Responsible for the daily supervision and training of operating personnel in the production of clinical or commercial products. Works in concert with other supervisors. Responsible for the accurate and timely completion of production related cGMP documentation. Facilitates the transfer, planning, implementation, and maintenance of manufacturing processes and procedures. Ensures the effective use of material, equipment, and personnel in producing quality products.
• Develops weekly goals and schedules and set priorities for staff. Reviews weekly production schedule and priorities to determine unit assignments and critical actions.
• Reviews all materials and batch records required to support shift and any off shift needs for the day.
• Provides on the floor training to support formalized technical and GMP training. Check that operator training files match and support the processes they are required to carry out.
• Monitors operator training files and work with compliance specialist to keep files up to date.
• Works with QA and Subject Matter Expert (Tech Ops or Process Sciences) to resolve exceptions. Reviews new Batch records and SOPs.
• Works with technology transfer team to incorporate new processes in the plant.
• Works interdepartmentally to see that work orders, dispensing, preventative maintenance, QC, and documentation issues are resolved and enhances communications at all levels.
• Ensures that direct materials budgets and overtime budgets are met.
• Provides supervision primarily to skilled nonexempt and junior level exempt employees. Acts as advisor to unit or sub-unit, becomes actively involved as required. Acts as mentor for less senior personnel.
• Evaluates staff performance.
• Requires a Bachelor’s degree or equivalent; Eight plus years’ experience in all aspects of manufacturing/ production processes
• Computer proficiency and scheduling experience required; good writing skills.

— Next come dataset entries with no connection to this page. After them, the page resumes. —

-- ===== src/PhoneMapping/Builder.antt =====
-- The builder refines the list of its rows.
use lnr_high_performance.Base.{
  ℕ, ◌≤◌, ◌<◌, ◌≡◌, refl, sym, ◌∙◌, List, [], ◌∷◌, ◌++◌, map, arith, length, none, Result, ok, err,
  Option-cases, Bool-cases, inl, inr, length-append, length-map, leb,
}
use lnr_high_performance.PhoneMapping.Rows.{
  Row, find_row, push_row, IsKeyed, find_row-append, IsKeyed-append,
}
use lnr_high_performance.PhoneMapping.{Data, PhoneList, phone_list, max_rows, new_data, add_row}
use lnr_high_performance.Vendor.{Folly}
use mathlib.Core.List.{map-append}

abbrev pub pn_cell : Row → PhoneList
pn_cell r = phone_list r.0 max_rows

abbrev pub rn_cell : Row → PhoneList
rn_cell r = phone_list r.1 max_rows

module _ (F : Folly ℕ) where
  -- the data of a builder that was given these rows
  pub record Holds (rows : List Row) (d : Data F) : Type 0 where
    pub column : d.pn_column ≡ map pn_cell rows
    pub index : d.rn_index ≡ map rn_cell rows
    pub reads : (k : ℕ) → F.find k d.dict ≡ find_row k rows
    pub keyed : IsKeyed rows
    pub few : length rows ≤ max_rows

  -- a failed `addRow` fails alike, and a successful one leaves related states
  abbrev pub Refines : Result (List Row) → Result (Data F) → Type 0
  Refines (ok rows) (ok d) = Holds rows d
  Refines (err e) (err e') = e ≡ e'
  Refines _ _ = ⊥

  -- A new builder holds no row.
  pub new_data-Holds : Holds [] (new_data F)
  unfolding new_data find_row
  new_data-Holds = record {
    column = refl;
    index = refl;
    reads = F.find-empty;
    keyed = tt;
    few = omega arith;
  }

  module _ {rows : List Row} {d : Data F} (h : Holds rows d) (pn rn : ℕ) where
    length_column : length d.pn_column ≡ length rows
    length_column = rw h.column (length-map pn_cell rows)

    pushed-Holds :
        find_row pn rows ≡ none
        → length rows < max_rows
        → Holds (rows ++ (pn, rn) ∷ []) (record d {
          dict = F.emplace pn rn d.dict;
          pn_column = d.pn_column ++ phone_list pn max_rows ∷ [];
          rn_index = d.rn_index ++ phone_list rn max_rows ∷ [];
        })
    pushed-Holds absent room = record {
      column = rw h.column (sym (map-append pn_cell rows _));
      index = rw h.index (sym (map-append rn_cell rows _));
      reads = λ k.
          rw (F.find-emplace pn k rn d.dict (h.reads pn ∙ absent), find_row-append, h.reads k)
            (unfold find_row in ground arith);
      keyed = IsKeyed-append rows (pn, rn) h.keyed absent;
      few = rw length-append (omega arith);
    }

    -- `addRow` throws "duplicate key" for a key that is there, "too much rows" at the limit, and
    -- otherwise appends the row; in every case as the list of rows says.
    pub add_row-Refines : Refines (push_row rows (pn, rn)) (add_row F d pn rn)
    unfolding add_row push_row
    add_row-Refines = elim (Option-cases (find_row pn rows)) [
      | inr (v, e) ↦ rw (h.reads pn, e)
      | inl e ↦
          rw (h.reads pn, e, length_column)
            (elim (Bool-cases (leb max_rows (length rows))) [
              | inl full ↦ rw full
              | inr free ↦ rw free (pushed-Holds e (ground arith))
            ])
    ]
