-- ===== src/PhoneMapping/Lookup.antt =====
-- `getRNs` and `getRN` answer every key as a single lookup would.
use lnr_high_performance.Base.{
  ℕ, ◌<◌, ◌≡◌, refl, List, [], ◌∷◌, map, length, Option, none, some, done,
}
use lnr_high_performance.Batch.{batch-map}
use lnr_high_performance.PhoneMapping.Rows.{or_none}
use lnr_high_performance.PhoneMapping.{Data, fill_rns, get_rns, get_rn, none_number}
use lnr_high_performance.Vendor.{Folly}
use native.Mathlib.Nat.{le_refl}

or_none-lem : (o : Option ℕ) → (elim o [ some rn ↦ rn | none ↦ none_number ]) ≡ or_none o
or_none-lem none = refl
or_none-lem (some n) = refl

module _ (F : Folly ℕ) (prefetch : ℕ) where
  fill_rns-map :
      (dict : F.Map) (pns : List ℕ)
      → fill_rns F prefetch dict (map F.prehash pns) pns ≡ map (λ pn. or_none (F.find pn dict)) pns
  unfolding fill_rns
  fill_rns-map dict [] = refl
  fill_rns-map dict (pn ∷ pns) = rw (F.find_token-prehash, or_none-lem, fill_rns-map dict pns)

  -- With a positive batch size `getRNs` ends, and answers each key with the value that the map
  -- holds for it, or with NONE; the batches and the prehashed tokens do not show.
  pub get_rns-find :
      (d : Data F) (pns : List ℕ)
      → 0 < prefetch
      → get_rns F prefetch d pns ≡ done (map (λ pn. or_none (F.find pn d.dict)) pns)
  unfolding get_rns
  get_rns-find d pns pos =
      batch-map _ (λ pn. or_none (F.find pn d.dict)) prefetch (fill_rns-map d.dict) pos (length pns)
        pns (le_refl _)

  pub get_rn-find :
      (d : Data F) (pn : ℕ)
      → 0 < prefetch
      → get_rn F prefetch d pn ≡ done (or_none (F.find pn d.dict))
  unfolding get_rn
  get_rn-find d pn pos = rw (get_rns-find d (pn ∷ []) pos)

• Working knowledge of safety, quality systems, and cGMPs is required
• Familiarity with industrial automation (e.g., distributed control and PLC-based systems
• Familiarity with equipment and facilities validation
AbbVie is an equal opportunity employer including disability/vets. It is AbbVie’s policy to employ qualified persons of the greatest ability without discrimination against any employee or applicant for employment because of race, color, religion, national origin, age, sex (including pregnancy), physical or mental disability, medical condition, genetic information, gender identity or expression, sexual orientation, marital status, status as a disabled veteran, recently separated veteran, Armed Forces service medal veteran or active duty wartime or campaign badge veteran or a person’s relationship or association with a protected veteran, including spouses and other family members, or any other protected group status. We will take affirmative action to employ and advance in employment qualified minorities, women, individuals with a disability, disabled veterans, recently separated veterans, Armed Forces service medal veterans or active-duty wartime or campaign badge veterans. The Affirmative Action Plan is available for viewing in the Human Resources office during regular business hours.